§ **Work to complete**
Would you output the whole of the data exactly?

§ **Task input**
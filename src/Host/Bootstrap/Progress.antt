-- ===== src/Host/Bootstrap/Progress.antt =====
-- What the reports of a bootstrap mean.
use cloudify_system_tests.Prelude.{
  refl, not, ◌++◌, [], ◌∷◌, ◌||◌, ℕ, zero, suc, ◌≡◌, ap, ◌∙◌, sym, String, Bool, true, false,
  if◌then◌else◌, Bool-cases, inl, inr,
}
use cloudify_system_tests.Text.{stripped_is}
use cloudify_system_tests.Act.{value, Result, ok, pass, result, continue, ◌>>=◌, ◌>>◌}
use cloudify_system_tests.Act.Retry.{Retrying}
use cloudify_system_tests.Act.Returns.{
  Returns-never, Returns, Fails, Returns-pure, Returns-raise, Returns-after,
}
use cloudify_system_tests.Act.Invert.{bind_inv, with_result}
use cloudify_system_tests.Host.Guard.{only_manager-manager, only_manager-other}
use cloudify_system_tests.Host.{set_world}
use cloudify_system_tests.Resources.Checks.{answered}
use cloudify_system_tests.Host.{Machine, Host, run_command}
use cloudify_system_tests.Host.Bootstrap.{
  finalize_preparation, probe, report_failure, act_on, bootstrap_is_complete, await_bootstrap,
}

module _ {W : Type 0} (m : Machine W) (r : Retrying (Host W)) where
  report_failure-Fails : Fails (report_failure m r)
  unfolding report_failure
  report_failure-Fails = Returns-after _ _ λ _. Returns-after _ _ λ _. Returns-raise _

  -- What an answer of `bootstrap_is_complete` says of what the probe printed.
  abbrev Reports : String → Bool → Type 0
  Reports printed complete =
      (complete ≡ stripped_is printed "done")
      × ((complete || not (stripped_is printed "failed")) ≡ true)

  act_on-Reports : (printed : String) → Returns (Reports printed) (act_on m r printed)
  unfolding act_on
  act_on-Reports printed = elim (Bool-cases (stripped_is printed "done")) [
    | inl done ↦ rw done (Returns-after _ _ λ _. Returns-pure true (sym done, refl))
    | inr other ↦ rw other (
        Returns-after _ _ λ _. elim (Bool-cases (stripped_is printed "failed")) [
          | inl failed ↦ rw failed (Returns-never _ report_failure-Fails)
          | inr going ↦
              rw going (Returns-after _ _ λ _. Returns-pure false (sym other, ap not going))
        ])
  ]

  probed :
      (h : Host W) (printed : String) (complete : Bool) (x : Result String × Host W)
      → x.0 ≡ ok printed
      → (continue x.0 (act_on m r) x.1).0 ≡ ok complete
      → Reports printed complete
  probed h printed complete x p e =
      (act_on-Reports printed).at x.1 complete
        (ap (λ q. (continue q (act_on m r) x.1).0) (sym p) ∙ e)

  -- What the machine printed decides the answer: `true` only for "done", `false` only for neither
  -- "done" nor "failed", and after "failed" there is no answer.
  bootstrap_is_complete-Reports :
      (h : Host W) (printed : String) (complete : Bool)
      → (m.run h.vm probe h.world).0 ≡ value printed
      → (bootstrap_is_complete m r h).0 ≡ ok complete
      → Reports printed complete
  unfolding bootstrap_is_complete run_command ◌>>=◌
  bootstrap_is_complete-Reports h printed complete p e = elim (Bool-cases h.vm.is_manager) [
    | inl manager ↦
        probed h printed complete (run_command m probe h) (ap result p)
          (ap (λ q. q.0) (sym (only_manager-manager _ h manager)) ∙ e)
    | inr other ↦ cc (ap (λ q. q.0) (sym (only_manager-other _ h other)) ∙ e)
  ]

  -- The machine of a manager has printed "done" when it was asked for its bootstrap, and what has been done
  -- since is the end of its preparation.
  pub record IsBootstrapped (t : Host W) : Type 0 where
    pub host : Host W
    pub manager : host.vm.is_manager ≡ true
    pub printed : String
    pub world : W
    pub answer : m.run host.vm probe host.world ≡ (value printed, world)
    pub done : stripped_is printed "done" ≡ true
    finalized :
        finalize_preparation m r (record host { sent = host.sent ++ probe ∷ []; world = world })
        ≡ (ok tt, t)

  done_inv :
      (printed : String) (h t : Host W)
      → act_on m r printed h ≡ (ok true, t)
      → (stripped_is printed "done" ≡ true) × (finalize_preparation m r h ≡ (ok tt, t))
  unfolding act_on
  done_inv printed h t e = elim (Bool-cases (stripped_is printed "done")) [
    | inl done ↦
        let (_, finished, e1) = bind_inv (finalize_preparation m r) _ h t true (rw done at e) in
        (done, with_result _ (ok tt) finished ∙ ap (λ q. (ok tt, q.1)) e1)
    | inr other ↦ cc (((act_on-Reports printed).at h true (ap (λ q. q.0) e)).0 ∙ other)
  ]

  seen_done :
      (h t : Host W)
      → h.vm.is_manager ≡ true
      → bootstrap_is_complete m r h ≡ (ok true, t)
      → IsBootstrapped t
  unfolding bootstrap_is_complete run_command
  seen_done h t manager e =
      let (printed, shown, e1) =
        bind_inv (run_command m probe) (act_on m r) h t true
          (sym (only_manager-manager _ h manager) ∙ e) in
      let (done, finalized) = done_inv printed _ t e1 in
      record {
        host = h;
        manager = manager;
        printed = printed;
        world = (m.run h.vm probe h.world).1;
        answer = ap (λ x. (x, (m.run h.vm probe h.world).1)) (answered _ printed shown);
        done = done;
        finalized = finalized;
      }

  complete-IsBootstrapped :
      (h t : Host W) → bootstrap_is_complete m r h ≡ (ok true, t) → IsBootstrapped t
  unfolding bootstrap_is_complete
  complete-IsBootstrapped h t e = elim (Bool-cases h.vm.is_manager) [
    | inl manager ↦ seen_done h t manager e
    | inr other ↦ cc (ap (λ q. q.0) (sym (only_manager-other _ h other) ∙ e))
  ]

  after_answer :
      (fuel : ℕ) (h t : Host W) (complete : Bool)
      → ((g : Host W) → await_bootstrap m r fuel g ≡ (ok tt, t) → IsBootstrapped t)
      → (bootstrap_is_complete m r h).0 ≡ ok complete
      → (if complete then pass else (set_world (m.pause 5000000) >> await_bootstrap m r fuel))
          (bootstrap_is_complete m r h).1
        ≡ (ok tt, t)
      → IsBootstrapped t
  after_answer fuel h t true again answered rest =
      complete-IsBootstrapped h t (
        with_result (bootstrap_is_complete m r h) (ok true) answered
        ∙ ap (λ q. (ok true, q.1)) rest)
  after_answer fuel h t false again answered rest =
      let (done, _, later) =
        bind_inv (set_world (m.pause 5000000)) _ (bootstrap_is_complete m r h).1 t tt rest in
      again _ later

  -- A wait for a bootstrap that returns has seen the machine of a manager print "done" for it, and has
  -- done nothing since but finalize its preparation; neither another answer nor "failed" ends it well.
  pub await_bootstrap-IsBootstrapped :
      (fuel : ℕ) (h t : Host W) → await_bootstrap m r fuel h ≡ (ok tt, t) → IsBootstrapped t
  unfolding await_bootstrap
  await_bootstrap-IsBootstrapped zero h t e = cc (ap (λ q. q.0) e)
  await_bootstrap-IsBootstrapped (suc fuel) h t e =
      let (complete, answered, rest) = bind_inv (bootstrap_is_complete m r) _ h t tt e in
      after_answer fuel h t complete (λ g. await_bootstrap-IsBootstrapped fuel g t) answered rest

§ **Response for this exercise**
filename src/Host/Bootstrap/Progress.antt
-- ===== src/Host/Bootstrap/Progress.antt =====
-- What the reports of a bootstrap mean.
use cloudify_system_tests.Prelude.{
  refl, not, ◌++◌, [], ◌∷◌, ◌||◌, ℕ, zero, suc, ◌≡◌, ap, ◌∙◌, sym, String, Bool, true, false,
  if◌then◌else◌, Bool-cases, inl, inr,
}
use cloudify_system_tests.Text.{stripped_is}
use cloudify_system_tests.Act.{value, Result, ok, pass, result, continue, ◌>>=◌, ◌>>◌}
use cloudify_system_tests.Act.Retry.{Retrying}
use cloudify_system_tests.Act.Returns.{
  Returns-never, Returns, Fails, Returns-pure, Returns-raise, Returns-after,
}
use cloudify_system_tests.Act.Invert.{bind_inv, with_result}
use cloudify_system_tests.Host.Guard.{only_manager-manager, only_manager-other}
use cloudify_system_tests.Host.{set_world}
use cloudify_system_tests.Resources.Checks.{answered}
use cloudify_system_tests.Host.{Machine, Host, run_command}
use cloudify_system_tests.Host.Bootstrap.{
  finalize_preparation, probe, report_failure, act_on, bootstrap_is_complete, await_bootstrap,
}

module _ {W : Type 0} (m : Machine W) (r : Retrying (Host W)) where
  report_failure-Fails : Fails (report_failure m r)
  unfolding report_failure
  report_failure-Fails = Returns-after _ _ λ _. Returns-after _ _ λ _. Returns-raise _

  -- What an answer of `bootstrap_is_complete` says of what the probe printed.
  abbrev Reports : String → Bool → Type 0
  Reports printed complete =
      (complete ≡ stripped_is printed "done")
      × ((complete || not (stripped_is printed "failed")) ≡ true)

  act_on-Reports : (printed : String) → Returns (Reports printed) (act_on m r printed)
  unfolding act_on
  act_on-Reports printed = elim (Bool-cases (stripped_is printed "done")) [
    | inl done ↦ rw done (Returns-after _ _ λ _. Returns-pure true (sym done, refl))
    | inr other ↦ rw other (
        Returns-after _ _ λ _. elim (Bool-cases (stripped_is printed "failed")) [
          | inl failed ↦ rw failed (Returns-never _ report_failure-Fails)
          | inr going ↦
              rw going (Returns-after _ _ λ _. Returns-pure false (sym other, ap not going))
        ])
  ]

  probed :
      (h : Host W) (printed : String) (complete : Bool) (x : Result String × Host W)
      → x.0 ≡ ok printed
      → (continue x.0 (act_on m r) x.1).0 ≡ ok complete
      → Reports printed complete
  probed h printed complete x p e =
      (act_on-Reports printed).at x.1 complete
        (ap (λ q. (continue q (act_on m r) x.1).0) (sym p) ∙ e)

  -- What the machine printed decides the answer: `true` only for "done", `false` only for neither
  -- "done" nor "failed", and after "failed" there is no answer.
  bootstrap_is_complete-Reports :
      (h : Host W) (printed : String) (complete : Bool)
      → (m.run h.vm probe h.world).0 ≡ value printed
      → (bootstrap_is_complete m r h).0 ≡ ok complete
      → Reports printed complete
  unfolding bootstrap_is_complete run_command ◌>>=◌
  bootstrap_is_complete-Reports h printed complete p e = elim (Bool-cases h.vm.is_manager) [
    | inl manager ↦
        probed h printed complete (run_command m probe h) (ap result p)
          (ap (λ q. q.0) (sym (only_manager-manager _ h manager)) ∙ e)
    | inr other ↦ cc (ap (λ q. q.0) (sym (only_manager-other _ h other)) ∙ e)
  ]

  -- The machine of a manager has printed "done" when it was asked for its bootstrap, and what has been done
  -- since is the end of its preparation.
  pub record IsBootstrapped (t : Host W) : Type 0 where
    pub host : Host W
    pub manager : host.vm.is_manager ≡ true
    pub printed : String
    pub world : W
    pub answer : m.run host.vm probe host.world ≡ (value printed, world)
    pub done : stripped_is printed "done" ≡ true
    finalized :
        finalize_preparation m r (record host { sent = host.sent ++ probe ∷ []; world = world })
        ≡ (ok tt, t)

  done_inv :
      (printed : String) (h t : Host W)
      → act_on m r printed h ≡ (ok true, t)
      → (stripped_is printed "done" ≡ true) × (finalize_preparation m r h ≡ (ok tt, t))
  unfolding act_on
  done_inv printed h t e = elim (Bool-cases (stripped_is printed "done")) [
    | inl done ↦
        let (_, finished, e1) = bind_inv (finalize_preparation m r) _ h t true (rw done at e) in
        (done, with_result _ (ok tt) finished ∙ ap (λ q. (ok tt, q.1)) e1)
    | inr other ↦ cc (((act_on-Reports printed).at h true (ap (λ q. q.0) e)).0 ∙ other)
  ]

  seen_done :
      (h t : Host W)
      → h.vm.is_manager ≡ true
      → bootstrap_is_complete m r h ≡ (ok true, t)
      → IsBootstrapped t
  unfolding bootstrap_is_complete run_command
  seen_done h t manager e =
      let (printed, shown, e1) =
        bind_inv (run_command m probe) (act_on m r) h t true
          (sym (only_manager-manager _ h manager) ∙ e) in
      let (done, finalized) = done_inv printed _ t e1 in
      record {
        host = h;
        manager = manager;
        printed = printed;
        world = (m.run h.vm probe h.world).1;
        answer = ap (λ x. (x, (m.run h.vm probe h.world).1)) (answered _ printed shown);
        done = done;
        finalized = finalized;
      }

  complete-IsBootstrapped :
      (h t : Host W) → bootstrap_is_complete m r h ≡ (ok true, t) → IsBootstrapped t
  unfolding bootstrap_is_complete
  complete-IsBootstrapped h t e = elim (Bool-cases h.vm.is_manager) [
    | inl manager ↦ seen_done h t manager e
    | inr other ↦ cc (ap (λ q. q.0) (sym (only_manager-other _ h other) ∙ e))
  ]

  after_answer :
      (fuel : ℕ) (h t : Host W) (complete : Bool)
      → ((g : Host W) → await_bootstrap m r fuel g ≡ (ok tt, t) → IsBootstrapped t)
      → (bootstrap_is_complete m r h).0 ≡ ok complete
      → (if complete then pass else (set_world (m.pause 5000000) >> await_bootstrap m r fuel))
          (bootstrap_is_complete m r h).1
        ≡ (ok tt, t)
      → IsBootstrapped t
  after_answer fuel h t true again answered rest =
      complete-IsBootstrapped h t (
        with_result (bootstrap_is_complete m r h) (ok true) answered
        ∙ ap (λ q. (ok true, q.1)) rest)
  after_answer fuel h t false again answered rest =
      let (done, _, later) =
        bind_inv (set_world (m.pause 5000000)) _ (bootstrap_is_complete m r h).1 t tt rest in
      again _ later

  -- A wait for a bootstrap that returns has seen the machine of a manager print "done" for it, and has
  -- done nothing since but finalize its preparation; neither another answer nor "failed" ends it well.
  pub await_bootstrap-IsBootstrapped :
      (fuel : ℕ) (h t : Host W) → await_bootstrap m r fuel h ≡ (ok tt, t) → IsBootstrapped t
  unfolding await_bootstrap
  await_bootstrap-IsBootstrapped zero h t e = cc (ap (λ q. q.0) e)
  await_bootstrap-IsBootstrapped (suc fuel) h t e =
      let (complete, answered, rest) = bind_inv (bootstrap_is_complete m r) _ h t tt e in
      after_answer fuel h t complete (λ g. await_bootstrap-IsBootstrapped fuel g t) answered rest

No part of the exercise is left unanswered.